None of these online grammars are structured to take advantage of the many benefits of multimedia and of the internet while successfully avoiding the inherent pitfalls of that medium. Furthermore, none of them are structured with the Basic User (as defined in the Common European Framework of Reference) in mind.

Additionally, existing online materials do not make full use of the ideas laid down in the Common European Framework of Reference for Languages. They do not support a syllabus such as Waystage, pitch themselves at a clearly defined level (A2) or help students to prepare for a recognized European Language Certificate.

Grammar Explorer was created to address the missing pedagogical link between grammar as rule system and the needs of the language learner. This is achieved by putting into practice a functional and constructivist pedagogical concept that focuses on the aspect of usage in the language system and the individual learner's need to acquire practical competence which does not require the ability to account for one's grammatical knowledge.

===Pedagogical approach===
The pedagogical concept underlying Grammar Explorer is firmly rooted in Constructivism (learning theory), cognitive psychology and recent findings of the neurosciences with regard to learning. It, therefore, fulfils the criteria laid down in The Common European Framework of Reference: The materials are multi-purpose, flexible, easily accessible, dynamic and non-dogmatic.

Grammar Explorer surpasses the descriptive, form-focused grammars currently available, because it treats learners as active meaning-makers and puts them firmly in control of their learning experience. Within the structure of the grammar, learners are able to enter into a non-linear process of negotiation with grammatical material that requires and encourages the use of basic cognitive and meta-cognitive strategies such as inferencing, grouping and recombination. It is through this process of exploration and negotiation that the learners acquire the type of functional grammatical competence that is essential for the successful acquisition of pragmatic competence and for the development of cognitive and metacognitive skills.

Information technologies and the hypertext principle underlying the World Wide Web/relational databases are ideally suited to support a constructivist approach to grammar acquisition.

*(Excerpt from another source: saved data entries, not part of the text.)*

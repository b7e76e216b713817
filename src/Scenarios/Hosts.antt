-- ===== src/Scenarios/Hosts.antt =====
-- The theorems about termios, errors, configurations, RS-485 and the DCB, at concrete hosts.
use anyserial.Base.{
  ℕ, ltb, ◌%◌, ◌/◌, ◌+◌, ◌==◌, if◌then◌else◌, ◌≡◌, refl, true, false, none, some, [], ◌∷◌, ◌++◌,
  pos, arith,
}
use anyserial.Types.{ByteSize, Parity}
use anyserial.Errors.{Errno, Exn, ok, no_attributes, ◌>>=◌}
use anyserial.Config.{
  SerialConfig, Changes, no_changes, default_config, with_changes, post_init, replaced, micros,
  Rs485Config,
}
use anyserial.Config.Validation.{with_changes-IsValid, IsValid}
use anyserial.Posix.Termios.{
  Constants, TermiosAttrs, ControlChar, build, cmspar, rts_cts_mask, byte_size_bits, apply_raw_mode,
  assign, apply_byte_size, apply_parity, parity_flags, apply_stop_bits, apply_flow_control,
  apply_hangup,
}
use anyserial.Bits.{◌&~◌}
use anyserial.Posix.Termios.Layout.{IsLayout}
use anyserial.Posix.Termios.Reference.{build-reference, reference}
use anyserial.Posix.Termios.Readback.{build-build}
use anyserial.Linux.Rs485.{
  Rs485State, to_bytes, from_bytes, with_flags_from, from_config, flags_of, seconds_to_ms,
}
use anyserial.Linux.Rs485.Layout.{to_bytes-from_bytes}
use anyserial.Linux.Rs485.Flags.{with_flags_from-Applied, Applied}
use anyserial.Windows.Dcb.{apply_config, build_dcb, read_dcb}
use anyserial.Windows.Dcb.Decoding.{read_dcb-apply_config, decoded}

-- The constants of Linux on x86-64.
abbrev pub linux : Constants
linux = record {
  ignbrk = 1;
  brkint = 2;
  parmrk = 8;
  istrip = 32;
  inlcr = 64;
  igncr = 128;
  icrnl = 256;
  ixon = 1024;
  ixoff = 4096;
  ixany = 2048;
  opost = 1;
  echo = 8;
  echonl = 64;
  icanon = 2;
  isig = 1;
  iexten = 32768;
  csize = 48;
  cs5 = 0;
  cs6 = 16;
  cs7 = 32;
  cs8 = 48;
  cread = 128;
  clocal = 2048;
  parenb = 256;
  parodd = 512;
  cstopb = 64;
  hupcl = 1024;
  vmin = 6;
  vtime = 5;
  cmspar_attr = none;
  crtscts_attr = some 2147483648;
  ccts_oflow_attr = none;
  crts_iflow_attr = none;
  on_linux = true;
}

linux-IsLayout : IsLayout linux
unfolding cmspar rts_cts_mask byte_size_bits
linux-IsLayout = record {
  apart = (
    (refl, (refl, (refl, (refl, (refl, (refl, tt)))))),
    (
      (refl, (refl, (refl, (refl, (refl, tt))))),
      (
        (refl, (refl, (refl, (refl, tt)))),
        ((refl, (refl, (refl, tt))), ((refl, (refl, tt)), ((refl, tt), (tt, tt)))),
      ),
    ),
  );
  sizes = λ s. ground arith;
}

-- Fresh attributes, with a control character for each index.
abbrev zero_char : ControlChar
zero_char = ControlChar.int 0

abbrev driver : TermiosAttrs
driver = record {
  iflag = 1280;
  oflag = 5;
  cflag = 1215;
  lflag = 35387;
  ispeed = 13;
  ospeed = 13;
  cc = zero_char ∷ zero_char ∷ zero_char ∷ zero_char ∷ zero_char ∷ zero_char ∷ zero_char ∷ [];
}

-- 19200 baud, 7 data bits, even parity, both kinds of flow control.
abbrev seven_even : SerialConfig
seven_even = record default_config {
  baudrate = 19200;
  byte_size = ByteSize.seven;
  parity = Parity.even;
  flow_control = record { xon_xoff = true; rts_cts = true; dtr_dsr = false };
}

abbrev driver_after : TermiosAttrs
driver_after = record {
  iflag = 5120;
  oflag = 4;
  cflag = 2147487151;
  lflag = 2608;
  ispeed = 13;
  ospeed = 13;
  cc =
      zero_char
      ∷ zero_char
      ∷ zero_char
      ∷ zero_char
      ∷ zero_char
      ∷ zero_char
      ∷ ControlChar.int 1
      ∷ [];
}

build-driver : build linux driver seven_even ≡ ok driver_after
unfolding build apply_raw_mode assign apply_byte_size apply_parity parity_flags apply_stop_bits
    apply_flow_control apply_hangup cmspar rts_cts_mask byte_size_bits ◌&~◌
build-driver = refl

build-reference_example : build linux driver seven_even ≡ reference linux driver seven_even
build-reference_example = build-reference linux linux-IsLayout driver seven_even

build-build_example : build linux driver_after default_config ≡ build linux driver default_config
build-build_example = build-build linux linux-IsLayout driver seven_even default_config build-driver

abbrev gone : Exn
gone = Exn.os_error (record no_attributes { errno = some Errno.eio })

abbrev faster : Changes
faster = record no_changes { baudrate = some (pos 230400) }

abbrev with_faster : SerialConfig
with_faster = record default_config { baudrate = 230400 }

faster_accepted : with_changes default_config faster ≡ ok with_faster
unfolding with_changes post_init replaced
faster_accepted = refl

with_changes-IsValid_example : IsValid with_faster
with_changes-IsValid_example = with_changes-IsValid default_config faster faster_accepted

abbrev rs485_state : Rs485State
rs485_state = record {
  flags = 33;
  delay_rts_before_send = 70000;
  delay_rts_after_send = 3;
  addr_recv = 200;
  addr_dest = 9;
}

to_bytes-from_bytes_example :
    (to_bytes true rs485_state >>= λ xs. from_bytes true (xs ++ 1 ∷ 2 ∷ [])) ≡ ok rs485_state
to_bytes-from_bytes_example =
    to_bytes-from_bytes true rs485_state
      (record {
        flags_fit = omega arith;
        before_fits = omega arith;
        after_fits = omega arith;
        recv_fits = omega arith;
        dest_fits = omega arith;
      })
      (1 ∷ 2 ∷ [])

-- Exact products, a tie to the even number of milliseconds
abbrev rounded : ℕ → ℕ
rounded n =
    if ltb (n % 1000) 500
    then n / 1000
    else if ltb 500 (n % 1000)
    then n / 1000 + 1
    else if n / 1000 % 2 == 0
    then n / 1000
    else n / 1000 + 1

abbrev half_duplex : Rs485Config
half_duplex = record {
  enabled = true;
  rts_on_send = true;
  rts_after_send = false;
  delay_before_send = micros (pos 1500);
  delay_after_send = micros (pos 0);
  rx_during_tx = false;
}

abbrev merged_state : Rs485State
merged_state = record rs485_state {
  flags = 35;
  delay_rts_before_send = 2;
  delay_rts_after_send = 0;
}

half_duplex_merged : with_flags_from rounded rs485_state half_duplex ≡ ok merged_state
unfolding with_flags_from from_config flags_of seconds_to_ms ◌&~◌
half_duplex_merged = refl

with_flags_from-Applied_example : Applied rounded rs485_state half_duplex merged_state
with_flags_from-Applied_example =
    with_flags_from-Applied rounded rs485_state half_duplex merged_state half_duplex_merged

read_dcb-apply_config_example :
    read_dcb (apply_config seven_even (build_dcb default_config)) ≡ ok (decoded seven_even)
read_dcb-apply_config_example =
    read_dcb-apply_config seven_even (build_dcb default_config) (omega arith)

===Innovation in online language learning===
Grammar Explorer aims to seriously use a constructivist approach for developing web-based language learning material. It will, therefore, fill the gap created, on the one hand, by the influence of the neurosciences on language teaching methodology, and on the other hand, through the persistent adherence of all previously and currently published grammars to outdated concepts. There is no model for such a grammar.

==The structure of the grammar==

Grammar Explorer is arranged in a modular way. The modules are arranged in alphabetical order rather than according to the structure of the grammar. In this respect Grammar Explorer is more like a dictionary. This is a clear indication that Grammar Explorer has adopted what the neurosciences have argued for some time, that our memory tends to store semantically, especially at the level of the Basic User.

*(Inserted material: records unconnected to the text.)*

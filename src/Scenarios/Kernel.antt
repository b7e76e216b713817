-- ===== src/Scenarios/Kernel.antt =====
-- The control lines on a kernel that keeps them as one number.
use anyserial.Base.{ℕ, ◌==◌, ◌≡◌, refl, true, false, none, some, ℤ, pos, if◌then◌else◌, arith}
use anyserial.Bits.{◌¦◌, ◌&~◌}
use anyserial.Errors.{Result, ok}
use anyserial.Posix.Ioctl.{
  Requests, require, call, change_bits, then_clear, set_control_lines, get_control_lines,
}
use anyserial.Posix.Ioctl.Lines.{ControlsLines, get_control_lines-set_control_lines}

-- Linux, whose `termios` module in Python has neither TIOCSBRK nor TIOCCBRK.
abbrev pub linux_requests : Requests
linux_requests = record {
  tiocinq_attr = some 21531;
  fionread_attr = some 21531;
  tiocoutq_attr = some 21521;
  tiocmget_attr = some 21525;
  tiocmbis_attr = some 21526;
  tiocmbic_attr = some 21527;
  tiocsbrk_attr = none;
  tioccbrk_attr = none;
  tiocm_rts = 4;
  tiocm_dtr = 2;
  tiocm_cts = 32;
  tiocm_dsr = 256;
  tiocm_ri = 128;
  tiocm_car_attr = some 64;
  tiocm_cd_attr = some 64;
  is_linux = true;
  is_bsd_family = false;
}

abbrev level_ioctl : ℤ → ℕ → ℕ → ℕ → Result ℕ × ℕ
level_ioctl fd req m bits =
    if req == 21525
    then (ok bits, bits)
    else if req == 21526
    then (ok 0, bits ¦ m)
    else (ok 0, bits &~ m)

abbrev level : ℕ → ℕ
level bits = bits

level_ioctl-ControlsLines : ControlsLines linux_requests level_ioctl level 21525
level_ioctl-ControlsLines = record {
  sets = λ fd req m k x r h. ground arith;
  clears = λ fd req m k x r h. ground arith;
  gettable = refl;
  reads = λ fd k. refl;
  rts_bit = refl;
  dtr_bit = refl;
  apart = refl;
}

raised_lowered :
    (set_control_lines linux_requests level_ioctl (pos 3) (some true) (some false) 2).0 ≡ ok tt
unfolding set_control_lines then_clear change_bits call require
raised_lowered = refl

get_control_lines-set_control_lines_example :
    (get_control_lines linux_requests level_ioctl
      (pos 3)
      (set_control_lines linux_requests level_ioctl (pos 3) (some true) (some false) 2).1).0
    ≡ ok (record { rts = true; dtr = false })
get_control_lines-set_control_lines_example =
    get_control_lines-set_control_lines linux_requests level_ioctl level 21525
      level_ioctl-ControlsLines (pos 3) (some true) (some false) 2 raised_lowered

Furthermore, the neurosciences clearly support Michael Lewis's didactic approach to language acquisition/learning that has been in circulation for about two decades now: Language must be seen as 'grammaticalized lexis'. A learner must have sufficient semantic data at hand in order to be able to construct meaning. Initially, this is exclusively semantic meaning, which is then transferred into higher level thinking once sufficient semantic data is available to enable the learner to infer the underlying structures. Learners move progressively from semantic meaning to more abstract syntactic and morphological meaning.